And few more pictures...

These pictures show how well the lead panels can be "shaped" to completely seal any curves in the door holes:

































This one shows how I was able to put the OEM vapor barrier back on, which completely "protects" that electronic box, which actually sinks into the door itself (so no way to "wrap" lead or plastic around it for protection:









Here is what it looked like before I put the OEM vapor barrier back on:









And lastly, what it looked like after I put the OEM vapor barrier back on. Can't even tell we did anything:


----------



## JI808 (Nov 20, 2013)

jtrosky said:


> Here are some further details about the lead sheet installation, the materials I used, the tools I used (including links and prices as of 6/7/2021) and some general notes and leasons-learned along the way. Hopfully, this will come in useful for others that are new to this type of method of sealing up the holes in the doors. I LOVE that I can qucikly and easily remove the panels if/as needed, for whatever reason. It's also thin enough, that you can even put your OEM vapor panel back on over top of it.
> 
> I'm not going to post a detailed procedure of what I did - I'll just recommend the fantastic video by @JI808 from "Batdog Garage" to show you the overall procedure. I'm just going to talk about some of the smaller details not mentioned in the video and some of the issues that I ran into along the way.
> 
> ...



Glad that video was of use to you. There's a learning curve with rivnut installation, but it's nothing to really worry about. Typically if you don't fully compress the rivnut it'll spin in the sheetmetal. If that happens just thread the tool back into the rivnut and have another go at it.

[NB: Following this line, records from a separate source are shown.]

-- ===== src/Client/Sending.antt =====
-- A call of pkg/client/client.go through `DoWithContext` of internal/utils/http.go, with the server at
-- the other end: attempts, each with its own contexts, on the tables that the one before has left.
-- The answers of the server arrive. A retry of a request with a body is sent without it (`req.Clone`
-- shares the body, which is read up), which net/http refuses, as it does every retry after that.
use executr.Prelude.{ℕ, zero, suc, Bool, true, false, Option, none, some, if◌then◌else◌}
use executr.Store.Row.{Tables, Context}
use executr.Server.Http.{Response}
use executr.Server.Convert.{EnvJson}
use executr.Server.Routing.{Codec, serve}
use executr.Utils.Http.{Answer, transport_error, should_retry}
use executr.Client.Calls.{
  Call, get_job, list_jobs, cancel_job, Encoder, Decoder, Outcome, request, interpret, endpoint,
}
use executr.Client.Contract.{on_store, is_server_error}

-- What the method of the client returns: what it makes of a response, or "request failed".
pub data Sent : Type 0 where
  answered : Outcome → Sent
  request_failed : Sent

abbrev pub has_body : Call → Bool
has_body (get_job i) = false
has_body (list_jobs f) = false
has_body (cancel_job i) = false
has_body _ = true

abbrev pub tables_after : Tables → Option (Tables × Response) → Tables
tables_after t none = t
tables_after t (some (t', r)) = t'

-- A handler that panics closes the connection.
abbrev pub answer_of : Option (Tables × Response) → Answer
answer_of none = transport_error
answer_of (some (t', r)) = Answer.response r.status

-- `left` attempts may follow this one; `ends i` is whether the context ends in the i-th wait.
module _ (call : Call) (cs : ℕ → Context × Context) (ends : ℕ → Bool) where
  module _ (codec : Codec) (encoder : Encoder) (decoder : Decoder) where
    abbrev pub last_answer : Tables → Option (Tables × Response) → Tables × Sent
    last_answer t none = (t, request_failed)
    last_answer t (some (t', r)) = (t', answered (interpret decoder call r))

    unfoldable pub send_from : ℕ → ℕ → Tables → Tables × Sent
    send_from zero i t =
        last_answer t (serve codec (endpoint call) (request encoder call) (cs i).0 (cs i).1 t)
    send_from (suc left) i t =
        let o : Option (Tables × Response) =
          serve codec (endpoint call) (request encoder call) (cs i).0 (cs i).1 t in
        let rest = send_from left (suc i) (tables_after t o) in
        if should_retry (answer_of o)
        then (if ends i
            then (tables_after t o, request_failed)
            else if has_body call
            then (tables_after t o, request_failed)
            else rest)
        else last_answer t o

  -- What the call is to do: its operation on the job store, once more while that fails and retries
  -- are left, if the request can be sent again.
  unfoldable pub on_store_from : EnvJson → ℕ → ℕ → Tables → Tables × Sent
  on_store_from env zero i t =
      let (t', o) = on_store env call (cs i).0 (cs i).1 t in (t', answered o)
  on_store_from env (suc left) i t =
      let (t', o) = on_store env call (cs i).0 (cs i).1 t in
      let rest = on_store_from env left (suc i) t' in
      if is_server_error o
      then (if ends i
          then (t', request_failed)
          else if has_body call
          then (t', request_failed)
          else rest)
      else (t', answered o)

Like you said, if you manage to strip one, just drill it out and install another.

Vacuuming the metal bits. I didn't show that, but it's something I make sure to do.

I used masking tape in the video because I have tons of it here and I'm sure other folks will have it on hand as well. I wanted to show how this could be done with basic materials.

Regarding making them oversized and installing rivnuts on flat surfaces. That's another reason for making the templates with masking tape. You can see where the opening is and how far out you are away from the opening and contours around the opening.

I didn't mention it in the video, but I did press the lead to the panels before marking the rivnut locations.

Regarding your choice of rivnut tools. If you used the drill adapter rivnut tool you could simply set the clutch to the proper setting (with a test piece of scrap) and know that you need to be on say...11 on your drill clutch to get a proper crimp on the rivnut without damaging the mandrel or threads. I highly recommend the *Astro Pneumatic Tool ADN14 Rivet Nut Drill Adapter Kit*. You'll notice that's the one I used in the video. The simplicity of setting the clutch and knowing you have the perfect crimp on the rivnut makes things so much faster than the lever type rivnut tool.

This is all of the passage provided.